Hetzelfde geldt ingeval de activa van de juridische constructie worden overgedragen aan een andere staat, waarmee België geen dubbelbelastingverdrag dan wel geen akkoord inzake de uitwisseling van inlichtingen met betrekking tot belastinggegevens heeft afgesloten. Is dit laatste wel het geval dan geldt de voormelde fictie van uitkering niet op voorwaarde dat deze overeenkomst of dit akkoord de uitwisseling van inlichtingen met betrekking tot belastingaangelegenheden mogelijk maakt.

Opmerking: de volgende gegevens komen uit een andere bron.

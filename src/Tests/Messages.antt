-- ===== src/Tests/Messages.antt =====
-- The theorems on the deserializers of consensus/src/types.rs at concrete inputs.
use forcerelay_verifier.Prelude.{
  ◌≡◌, ◌↔◌, ◌≤◌, refl, map, length, replicate, some, [], ◌∷◌, ◌++◌, ok, err, panic,
}
use forcerelay_verifier.Common.{Bytes}
use forcerelay_verifier.Common.Numbers.{codes, hex_prefix}
use forcerelay_verifier.Common.Tags.{custom}
use forcerelay_verifier.Consensus.Deserialize.{
  Readers, branch_deserialize, bytes32_deserialize, logs_bloom_deserialize, address_deserialize,
  extra_data_deserialize, u64_deserialize, u256_deserialize,
}
use forcerelay_verifier.Consensus.Deserialize.Laws.{Spells, fixed_deserialize_iff}
use forcerelay_verifier.Common.Numbers.{from_str_radix}

-- a byte is its own digit, and every length is let through
abbrev readers : Readers
readers = record {
  decode = some;
  vector_from_iter = λ n bytes. some bytes;
  vectors_from_iter = λ n vectors. some vectors;
  list_from_iter = λ n bytes. some bytes;
  lists_from_iter = λ n lists. some lists;
  indices_from_iter = λ n indices. some indices;
  from_dec_str = from_str_radix 10;
  to_little_endian = λ n. n ∷ [];
  from_bytes_le = length;
}

-- A number that cannot be read is a panic, and an error for `u256`.
unreadable :
    (u64_deserialize (ok (codes "12a")) ≡ panic)
    × (u256_deserialize readers (ok (codes "12a")) ≡ err custom)
unfolding u64_deserialize u256_deserialize from_str_radix
unreadable = (refl, refl)

abbrev root : Bytes
root = replicate 32 7

reads_root :
    (bytes32_deserialize readers (ok (hex_prefix ++ root)) ≡ ok root)
    × (address_deserialize readers (ok (hex_prefix ++ root)) ≡ panic)
unfolding bytes32_deserialize address_deserialize
reads_root = (refl, refl)

fixed_deserialize_iff_example :
    ((bytes32_deserialize readers (ok (hex_prefix ++ root)) ≡ ok root)
      ↔ (Spells readers (ok (hex_prefix ++ root)) root × (length root ≡ 32)))
    × ((logs_bloom_deserialize readers (ok (hex_prefix ++ root)) ≡ ok root)
        ↔ (Spells readers (ok (hex_prefix ++ root)) root × (length root ≡ 256)))
    × ((address_deserialize readers (ok (hex_prefix ++ root)) ≡ ok root)
        ↔ (Spells readers (ok (hex_prefix ++ root)) root × (length root ≡ 20)))
    × ((extra_data_deserialize readers (ok (hex_prefix ++ root)) ≡ ok root)
        ↔ (Spells readers (ok (hex_prefix ++ root)) root × (length root ≤ 32)))
fixed_deserialize_iff_example = fixed_deserialize_iff readers (ok (hex_prefix ++ root)) root

-- A branch is read node by node.
reads_branch :
    branch_deserialize readers (ok (map (λ b. hex_prefix ++ b) (root ∷ replicate 32 9 ∷ [])))
    ≡ ok (root ∷ replicate 32 9 ∷ [])
unfolding branch_deserialize
reads_branch = refl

Hoewel in de voorbereidende werken van deze wetgeving de geviseerde overdracht van activa gelijkgesteld wordt met een fictieve liquidatie van de juridische constructie, werd deze fictie uiteindelijk niet in de wettekst zelf weerhouden. De wettekst zelf beperkt zich tot het vastleggen van een fictief uitkeringsmoment van de niet-uitgekeerde inkomsten op het ogenblik van de geviseerde inbreng dan wel de geviseerde overdracht. Latente meerwaarden op activa van de juridische constructie lijken niet geviseerd te worden door deze bepaling. In de mate dat uitgedrukte of a fortiori gerealiseerde meerwaarden in aanmerking moeten genomen worden, gaat het hier om nieuwe inkomsten van de juridische constructie die geacht worden rechtstreeks verkregen te zijn door de oprichter. Ingeval deze meerwaarden teruggaan op verrichtingen die kaderen binnen een normaal beheer van privaat vermogen, kan de toepassing van de doorkijkbelasting leiden tot niet belastbaar zijn van deze inkomsten (zie ook hoger).
Fiscale meldingsplicht
De belastingplichtige dient in zijn aangifte in de personenbelasting melding te maken van het bestaan van een juridische constructie waarvan hij de oprichter is dan wel waarvan hij tijdens het belastbaar tijdperk een dividend of enig ander voordeel verkregen heeft.